+++ Excerpted data +++

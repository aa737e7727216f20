-- ===== src/TcpServer/Connections.antt =====
-- net/tcp_server.cpp: the connections that a server keeps.
use xweb.Prelude.{
  ◌^◌, ltb, Yields, ℕ, suc, ◌<◌, ◌≡◌, ◌≢◌, refl, sym, ◌∙◌, List, [], ◌∷◌, none, some, Bool, true,
  false, ◌||◌, if◌then◌else◌, ◌>>◌, assert, arith, Bool-cases, Option-cases, inl, inr, All, subst,
  length, ◌==◌,
}
use xweb.Prelude.Int.{ℤ}
use xweb.Prelude.Map.{find, assign, erase_absent, All-erase, find-All}
use xweb.TcpConnection
use xweb.TcpConnection.{
  TcpConnection, WriteResult, wrote, write_failed, new_connection, connect_established,
  is_disconnected, is_connected, is_connecting, is_disconnecting, send_in_loop, queue_rest,
  queue_remaining, write_directly, handle_channel, handle_read, handle_write, handle_close, drained,
  shutdown_in_loop, Attempt,
}
use xweb.TcpConnection.Lifecycle.{established-Inv, destroy-early}
use xweb.TcpConnection.State.{handle_channel-state, send-state, shutdown-state}
use xweb.TcpConnection.Run.{run_oldest-state}
use xweb.TcpServer
use xweb.TcpServer.{
  TcpServer, Name, name_discrete, connection_name, add_connection, remove_connection, Action, ready,
  sends, shuts, runs, act, settle, handle, destroy, destroy_all, Reach, here, accepted, handled,
}
use xweb.TcpServer.Names.{connection_name_injective}

-- Neither connecting nor disconnected.
unfoldable pub IsLive : TcpConnection → Type 0
IsLive c = (is_connected c.state || is_disconnecting c.state) ≡ true

-- An entry of the map: a name that was given, and a live connection.
unfoldable pub Entry : ℤ → ℕ → Name × TcpConnection → Type 0
Entry port n e = ((i : ℕ) × (i < n) × (e.0 ≡ connection_name port i)) × IsLive e.1

unfoldable pub Inv : TcpServer → Type 0
Inv s = All (Entry s.port s.next_conn_id) s.conn_map

-- The next name is not in use.
find-next :
    (port : ℤ) (n : ℕ) (m : List (Name × TcpConnection))
    → All (Entry port n) m
    → find name_discrete m (connection_name port n) ≡ none
unfolding find Entry
find-next port n [] h = refl
find-next port n (e ∷ m) h = ground (arith, find-next port n m h.1, other)
  where
    other : e.0 ≢ connection_name port n
    other q =
        let (i, below, name) = h.0.0 in
        absurd (omega (arith, below, connection_name_injective port i n (sym name ∙ q)))

Entry-more :
    (port : ℤ) (n : ℕ) (m : List (Name × TcpConnection))
    → All (Entry port n) m
    → All (Entry port (suc n)) m
unfolding Entry
Entry-more port n [] h = tt
Entry-more port n (e ∷ m) h =
    let ((i, below, name), live) = h.0 in (((i, omega arith, name), live), Entry-more port n m h.1)

-- A server whose map satisfies the invariant, on its loop's thread, with the connection callback
-- set and the counter of its names below the largest int, takes every connection: the new one is
-- connected and joins those before, under a name that none of them has.
pub add_connection_refines :
    (s : TcpServer) (sockfd active : ℕ)
    → Inv s
    → s.has_connection ≡ true
    → ltb (suc s.next_conn_id) (2 ^ 31) ≡ true
    → Yields (add_connection s true sockfd active) (λ t.
      Inv t
      × ((c : TcpConnection) × (t.conn_map
            ≡ (connection_name s.port s.next_conn_id, c) ∷ s.conn_map)
          × (is_connected c.state ≡ true)))
unfolding add_connection assign Inv Entry IsLive
add_connection_refines s sockfd active i has fits =
    let (c, made, rest) = established-Inv active sockfd s.has_write_complete false in
    let name = connection_name s.port s.next_conn_id in
    let kept =
      erase_absent name_discrete s.conn_map name (find-next s.port s.next_conn_id s.conn_map i) in
    let connected : is_connected c.state ≡ true = rest.2 in
    (
      record s { next_conn_id = suc s.next_conn_id; conn_map = (name, c) ∷ s.conn_map },
      rw (fits, made, has, kept) refl,
      (
        (
          ((s.next_conn_id, omega arith, refl), ground (arith, connected)),
          Entry-more s.port s.next_conn_id s.conn_map i,
        ),
        (c, refl, connected),
      ),
    )

-- An action leaves a connection live, or disconnects it.
act-IsLive :
    (c c' : TcpConnection) (action : Action)
    → act c action ≡ some c'
    → IsLive c
    → is_disconnected c'.state ≡ false
    → IsLive c'
unfolding act IsLive
act-IsLive c c' (ready active read write) h live open_still =
    ground (arith, handle_channel-state c c' active read write)
act-IsLive c c' (sends in_loop ds result) h live open_still =
    ground (arith, send-state c c' in_loop ds result)
act-IsLive c c' (shuts in_loop) h live open_still = ground (arith, shutdown-state c c' in_loop)
act-IsLive c c' (runs result) h live open_still =
    ground (arith, run_oldest-state c c' c.pending result)

settle-Inv :
    (s t : TcpServer) (name : Name) (c : TcpConnection)
    → settle s name c ≡ some t
    → Inv s
    → ((i : ℕ) × (i < s.next_conn_id) × (name ≡ connection_name s.port i))
    → (is_disconnected c.state ≡ false → IsLive c)
    → Inv t
unfolding settle remove_connection assign Inv Entry
settle-Inv s t name c h i named live = elim (Bool-cases (is_disconnected c.state)) [
  | inl closed ↦
      subst Inv (removed closed)
        (All-erase name_discrete (Entry s.port s.next_conn_id) s.conn_map name i)
  | inr open_still ↦ subst Inv (kept open_still) (
    (named, live open_still),
    All-erase name_discrete (Entry s.port s.next_conn_id) s.conn_map name i,
  )
]
  where
    removed : is_disconnected c.state ≡ true → remove_connection s name ≡ t
    removed closed = elim (Option-cases (TcpConnection.destroy c)) [
      | inl e ↦ ground (arith, e)
      | inr (u, e) ↦ ground (arith, e)
    ]

    kept :
        is_disconnected c.state ≡ false
        → record s { conn_map = assign name_discrete s.conn_map name c } ≡ t
    kept open_still = ground arith

pub handle-Inv :
    (s t : TcpServer) (name : Name) (action : Action)
    → handle s name action ≡ some t
    → Inv s
    → Inv t
unfolding handle Inv Entry
handle-Inv s t name action h i = elim (Option-cases (find name_discrete s.conn_map name)) [
  | inl e ↦ absurd (ground (arith, e))
  | inr (c, e) ↦
      let found = find-All name_discrete (Entry s.port s.next_conn_id) s.conn_map name c i e in
      elim (Option-cases (act c action)) [
        | inl f ↦ absurd (ground (arith, e, f))
        | inr (c', f) ↦
            settle-Inv s t name c' (ground (arith, e, f)) i found.0
              (act-IsLive c c' action f found.1)
      ]
]

pub add-Inv :
    (s t : TcpServer) (in_loop : Bool) (sockfd active : ℕ)
    → add_connection s in_loop sockfd active ≡ some t
    → Inv s
    → Inv t
unfolding add_connection
add-Inv s t in_loop sockfd active h i =
    by_guards in_loop (ltb (suc s.next_conn_id) (2 ^ 31)) s.has_connection refl refl h
  where
    by_guards :
        (b fits has : Bool)
        → ltb (suc s.next_conn_id) (2 ^ 31) ≡ fits
        → s.has_connection ≡ has
        → add_connection s b sockfd active ≡ some t
        → Inv t
    by_guards false fits has f e h = absurd (ground arith)
    by_guards true false has f e h = absurd (ground (arith, f))
    by_guards true true false f e h =
        elim (Option-cases
          (connect_established (new_connection active sockfd s.has_write_complete false))) [
            | inl q ↦ absurd (ground (arith, q, f))
            | inr (c, q) ↦ absurd (ground (arith, q, e, f))
          ]
    by_guards true true true f e h =
        let (t', made, (inv, _)) = add_connection_refines s sockfd active i e f in
        subst Inv (cc (made, h)) inv

-- Whatever connections come, and whatever happens to them, every connection that a new server
-- keeps is connected or disconnecting, and its name is one that the server gave, and not the
-- next one.
pub Reach-Inv :
    (port : ℤ) (has_connection has_write_complete : Bool) (s : TcpServer)
    → Reach (TcpServer.new_server port has_connection has_write_complete) s
    → Inv s × (find name_discrete s.conn_map (connection_name s.port s.next_conn_id) ≡ none)
unfolding Inv TcpServer.new_server
Reach-Inv port a b s r = let i = walk r start in (i, find-next s.port s.next_conn_id s.conn_map i)
  where
    walk : {s t : TcpServer} → Reach s t → Inv s → Inv t
    walk here i = i
    walk (accepted {t = t} {u = u} in_loop sockfd active r h) i =
        add-Inv t u in_loop sockfd active h (walk r i)
    walk (handled {t = t} {u = u} name action r h) i = handle-Inv t u name action h (walk r i)

    start : Inv (TcpServer.new_server port a b)
    start = tt

-- The destructor stops the program unless no connection is left: it shuts each down, which
-- leaves it disconnecting, and then destroys it.
pub destroy-Inv :
    (s : TcpServer) → Inv s → destroy s true ≡ (if length s.conn_map == 0 then some tt else none)
unfolding destroy destroy_all Inv Entry IsLive
destroy-Inv s i = by_map s.conn_map i
  where
    by_map :
        (m : List (Name × TcpConnection))
        → All (Entry s.port s.next_conn_id) m
        → (assert true >> destroy_all m true) ≡ (if length m == 0 then some tt else none)
    by_map [] all = refl
    by_map ((name, c) ∷ m) all = elim (Option-cases (TcpConnection.shutdown c true)) [
      | inl e ↦ ground (arith, e)
      | inr (c', e) ↦ ground (arith, e, all.0.1, shutdown-state c c' true e, destroy-early c')
    ]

+++

▶ **Your assignment**:
Above are the records; print exactly the lines from the line with "inr open_still ↦" to the line with "unfolding handle Inv Entry", including both, and nothing else.

▶ **Response area**:
  | inr open_still ↦ subst Inv (kept open_still) (
    (named, live open_still),
    All-erase name_discrete (Entry s.port s.next_conn_id) s.conn_map name i,
  )
]
  where
    removed : is_disconnected c.state ≡ true → remove_connection s name ≡ t
    removed closed = elim (Option-cases (TcpConnection.destroy c)) [
      | inl e ↦ ground (arith, e)
      | inr (u, e) ↦ ground (arith, e)
    ]

    kept :
        is_disconnected c.state ≡ false
        → record s { conn_map = assign name_discrete s.conn_map name c } ≡ t
    kept open_still = ground arith

pub handle-Inv :
    (s t : TcpServer) (name : Name) (action : Action)
    → handle s name action ≡ some t
    → Inv s
    → Inv t
unfolding handle Inv Entry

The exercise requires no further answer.